Dz dz. Wer programmiert den hier Killerspiele? :noe:

*SCNR*


----------



## DP (21. Dez 2006)

ob der stoiber das gutfindet?!


----------



## LoN_Nemesis (21. Dez 2006)

Vielen Dank Revenant, da hast du dir ja richtig viel Arbeit gemacht.

Ich finde es sieht sehr gut aus, aber ist leider nicht ganz das was ich suche. Hab mich da leider etwas ungenau ausgedrückt. Das was du programmiert hast wäre toll für eine Art "Wunde", die eine zeitlang blutet. Ich suche aber eher etwas, wo durch den Treffer einer (Nahkampf-) Waffe einmal kurz Blut spritzt. Also nicht so einzelne Tropfen, sondern mehr eine "Fontäne" oder so.

Aber das was du gemacht hast gefällt mir so gut, dass ich mir überlege es für stark verwundete Gegner zu übernehmen.


----------



## Revenant (21. Dez 2006)

Schön wenns dir gefällt. 

Hm.. also wenn das so ist, wirds ja nochmal schwieriger... mir fällt jetzt aber gerade auch kein Beispiel ein wo man sowas sieht. Gut ich hab auch nie Tekken oder sowas gezockt. Kannst ja mal ein Beispiel aufführen (Screenshot oder sowas) wie das aussehn soll. Vllt finden wir ja dann noch ne Lösung.


----------



## Illuvatar (21. Dez 2006)

Ich glaube, er meint einen Effekt in der Art (nur eben in 2D)

http://home.arcor.de/sidiousx/blood.jpg

Und sagt nicht, dass Blut bei Skeletten unrealistisch ist


----------



## LoN_Nemesis (21. Dez 2006)

Atomic Butcher Screenshots

Sowas in der Art. Nicht so extrem, immerhin gibt es in meinem Spiel keine Granatenwerfer oder Shotguns, sondern nur Schwerter und Äxte. Die Gegner sollen auch nicht in irgendwelche Brocken zerfallen, aber vom Prinzip her in etwa so.

Ich glaube die machen das so, dass es quasi beim Aufprall der Kugel eine Art "Explosion" von Pixeln gibt, die sich dann aber nicht wie normale Explosionspartikel in alle Richtungen zerstreuen, sondern von der Schwerkraft nach unten gezogen werden.

Edit: Ich glaube aber das kann man nur bei Schusswaffen so machen


----------



## Revenant (21. Dez 2006)

Also ich glaub deine Splatter Effekte Illuvatar sind mit 2D Sprites gelöst, kann mir nicht vorstellen wie man sowas programmieren soll.  Aber nur weil ichs mir nicht vorstellen kann, heißt das nat nicht, dass es nicht geht.

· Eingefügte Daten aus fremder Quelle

-- ===== src/TrafficWatcher/Watch.antt =====
-- rita/src/rita_common/traffic_watcher/mod.rs: `watch`, with the counters of the kernel interface and
-- the routes of babel as arguments. An IPv6 address is the number that its bytes spell.
use Prim.Native.String.{String}
use althea_rs.Prelude.{
  ℕ, ◌+◌, ◌*◌, ◌/◌, ◌%◌, ◌^◌, Bool, Option, none, some, List, [], ◌∷◌, ◌==◌, ◌&&◌, ◌||◌, ltb,
  if◌then◌else◌,
}
use althea_rs.Prelude.Int.{ℤ, pos, negsuc, ◌+ℤ◌, ◌-ℤ◌}
use althea_rs.Prelude.Maps.{HashMap, get, insert}
use althea_rs.AltheaTypes.{Identity, identity_key}
use althea_rs.UsageTracker.{UpdateUsage, relay}
use althea_rs.DebtKeeper.Keeper.{Traffic}
use althea_rs.TunnelManager.Contact.{Neighbor}
use althea_rs.TrafficWatcher.Keys.{ip_key, name_key, counter_key}

-- The fields of a babel route that are read; the prefix is an address and its length, or IPv4.
pub record Route : Type 0 where
  pub prefix : Option (ℕ × ℕ)
  pub installed : Bool
  pub price : ℕ

abbrev pub Counters : Type 0
Counters = HashMap (ℕ × String) ℕ

-- The loop of `prepare_helper_maps` on the two maps.
unfoldable pub helper_maps :
    List Neighbor
    → HashMap ℕ Identity × HashMap String Identity
    → HashMap ℕ Identity × HashMap String Identity
helper_maps [] maps = maps
helper_maps (neigh ∷ neighbors) (identities, if_to_id) = helper_maps neighbors (
  insert neigh.identity.global.mesh_ip neigh.identity.global identities,
  insert neigh.iface_name neigh.identity.global if_to_id,
)

-- The sum of `u32`.
abbrev capped_price : ℕ → ℕ → ℕ → ℕ
capped_price max_fee local_fee price =
    ((if ltb max_fee price then max_fee else price) + local_fee) % 2 ^ 32

-- The loop of `get_babel_info`: host addresses with an installed route.
unfoldable pub destinations_of : ℕ → ℕ → List Route → HashMap ℕ ℕ → HashMap ℕ ℕ
destinations_of max_fee local_fee [] destinations = destinations
destinations_of max_fee local_fee (route ∷ routes) destinations =
    destinations_of max_fee local_fee routes (elim route.prefix [
      | none ↦ destinations
      | some (ip, length) ↦
          if length == 128 && route.installed
          then insert ip (capped_price max_fee local_fee route.price) destinations
          else destinations
    ])

unfoldable pub get_babel_info : ℕ → ℕ → Option ℕ → List Route → Option (HashMap ℕ ℕ)
unfolding destinations_of
get_babel_info max_fee local_fee mesh_ip routes = elim mesh_ip [
  | none ↦ none
  | some ip ↦ some (insert ip 0 (destinations_of max_fee local_fee routes []))
]

-- `is_link_local` and `is_multicast` of an IPv6 address: fe80::/10 and ff00::/8.
abbrev pub is_local : ℕ → Bool
is_local ip = ip / 2 ^ 118 == 1018 || ip / 2 ^ 120 == 255

-- `*total.entry(k).or_insert(0) += v` on `u64`.
abbrev add_counter : ℕ × String → ℕ → Counters → Counters
add_counter k v total = insert k ((elim (get k total) [ none ↦ v | some w ↦ w + v ]) % 2 ^ 64) total

unfoldable pub add_forwarded : Counters → Counters → Counters
add_forwarded [] total = total
add_forwarded ((k, v) ∷ counters) total = add_forwarded counters (add_counter k v total)

unfoldable pub add_billable : Counters → Counters → Counters
add_billable [] total = total
add_billable (((ip, name), v) ∷ counters) total =
    add_billable counters (if is_local ip then total else add_counter (ip, name) v total)

-- `get_input_counters` and `get_output_counters`, with what is read of the two counters of each.
unfoldable pub get_counters : Option Counters → Option Counters → Option Counters
unfolding add_billable add_forwarded
get_counters none forwarded = none
get_counters (some counters) none = none
get_counters (some counters) (some forwarded) =
    some (add_forwarded forwarded (add_billable counters []))

abbrev total_of : Counters → ℕ
total_of [] = 0
total_of ((k, v) ∷ counters) = v + total_of counters

-- `update_usage`; the sums are of `u64`.
unfoldable pub update_usage : Counters → Counters → ℕ → UpdateUsage
update_usage input output our_fee = record {
  kind = relay;
  up = total_of output % 2 ^ 64;
  down = total_of input % 2 ^ 64;
  price = our_fee;
}

abbrev pub Debts : Type 0
Debts = HashMap Identity ℤ

-- The table of debts, at zero.
unfoldable pub setup_debts : HashMap ℕ Identity → Debts → Debts
setup_debts [] debts = debts
setup_debts ((ip, ident) ∷ identities) debts = setup_debts identities (insert ident (pos 0) debts)

-- An integer times a natural number.
unfoldable pub scale : ℤ → ℕ → ℤ
scale (pos a) n = pos (a * n)
scale (negsuc a) n = pos 0 -ℤ pos ((a + 1) * n)

-- How a counter changes a debt, by the price of the destination and the number of bytes.
abbrev pub debit : ℕ → ℕ → ℤ → ℤ
debit dest bytes debt = debt -ℤ pos (dest * bytes)

abbrev pub credit : ℕ → ℕ → ℕ → ℤ → ℤ
credit local_fee dest bytes debt = debt +ℤ scale (pos dest -ℤ pos local_fee) bytes

module _ (destinations : HashMap ℕ ℕ) (if_to_id : HashMap String Identity) where
  -- One turn of either loop over the counters.
  unfoldable pub bill_one : (ℕ → ℕ → ℤ → ℤ) → ℕ → String → ℕ → Debts → Debts
  bill_one change ip interface bytes debts = elim (get ip destinations) [
    | none ↦ debts
    | some dest ↦ elim (get interface if_to_id) [
      | none ↦ debts
      | some id_from_if ↦ elim (get id_from_if debts) [
        | none ↦ debts
        | some debt ↦ insert id_from_if (change dest bytes debt) debts
      ]
    ]
  ]

  unfoldable pub bill : (ℕ → ℕ → ℤ → ℤ) → Counters → Debts → Debts
  unfolding bill_one
  bill change [] debts = debts
  bill change (((ip, interface), bytes) ∷ counters) debts =
      bill change counters (bill_one change ip interface bytes debts)

unfoldable pub traffic_vec : Debts → List Traffic
traffic_vec [] = []
traffic_vec ((from, amount) ∷ debts) = record { from = from; amount = amount } ∷ traffic_vec debts

-- What the kernel interface and babel answer, and the settings that are read.
pub record Inputs : Type 0 where
  pub neighbors : List Neighbor
  pub routes : List Route
  pub max_fee : ℕ
  pub local_fee : ℕ
  pub mesh_ip : Option ℕ
  pub input : Option Counters
  pub forward_input : Option Counters
  pub output : Option Counters
  pub forward_output : Option Counters

-- The two loops of `watch` from the table at zero.
unfoldable pub final_debts : Inputs → HashMap ℕ ℕ → Counters → Counters → Debts
unfolding helper_maps setup_debts bill
final_debts inputs destinations input output =
    let (identities, if_to_id) = helper_maps inputs.neighbors ([], []) in
    bill destinations if_to_id (credit inputs.local_fee) output
      (bill destinations if_to_id debit input (setup_debts identities []))

-- `watch`: the messages to the usage tracker and to the debt keeper, or an error.
unfoldable pub watch : Inputs → Option (UpdateUsage × List Traffic)
unfolding get_babel_info get_counters update_usage traffic_vec final_debts
watch inputs = elim (get_babel_info inputs.max_fee inputs.local_fee inputs.mesh_ip inputs.routes) [
  | none ↦ none
  | some destinations ↦ elim (get_counters inputs.input inputs.forward_input) [
    | none ↦ none
    | some input ↦ elim (get_counters inputs.output inputs.forward_output) [
      | none ↦ none
      | some output ↦ some (
        update_usage input output inputs.local_fee,
        traffic_vec (final_debts inputs destinations input output),
      )
    ]
  ]
]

Die Screenshots von dem Atomic Butcher Spiel sind schon nice. Ganz ehrlich: ich würd schon fliegende Körperteile reinbringen.. sieht doch "fetzig" aus und steigert irgendwie die Action find ich. Ja hört sich brutal an... aber ich glaub nich dass es jemand zum Amoklaufen bringt oder sich die Leute daran stören die sowas spielen. ~~

Ich hab eigentlich schon ne Idee wie man das realisieren könnte. Es handelt sich im Prinzip doch um nen waagrechten Wurf aus der Physik oder? Da gabs mal so ne Formel mit der man die Flugbahn von nem Körper (hier Pixel) realistisch berechnen kann (Erdbeschleunigung usw). Sollte eigentlich nicht so schwierig sein sowas zu implementieren. Dann erzeugt man halt zufällig einige dieser Pixel-Würfe und verschiebt das Gleichgewicht dabei gegen die Schussrichtung. Hm.. die Pixel haben anscheinend keinen zufälligen Rot-Wert sondern verblassen mit der Zeit.

Ich schau mal was ich machen kann

EDIT: lass doch mal was von deinem Gamechen sehn, bin neugierig  :wink:


----------



## LoN_Nemesis (21. Dez 2006)

Ich glaube du stellst dir das Spiel falsch vor  Ich glaube du hast es sogar schonmal gesehen, hatte vor einiger Zeit mal nach einem guten Regeneffekt gefragt, da hast du mir auch geholfen.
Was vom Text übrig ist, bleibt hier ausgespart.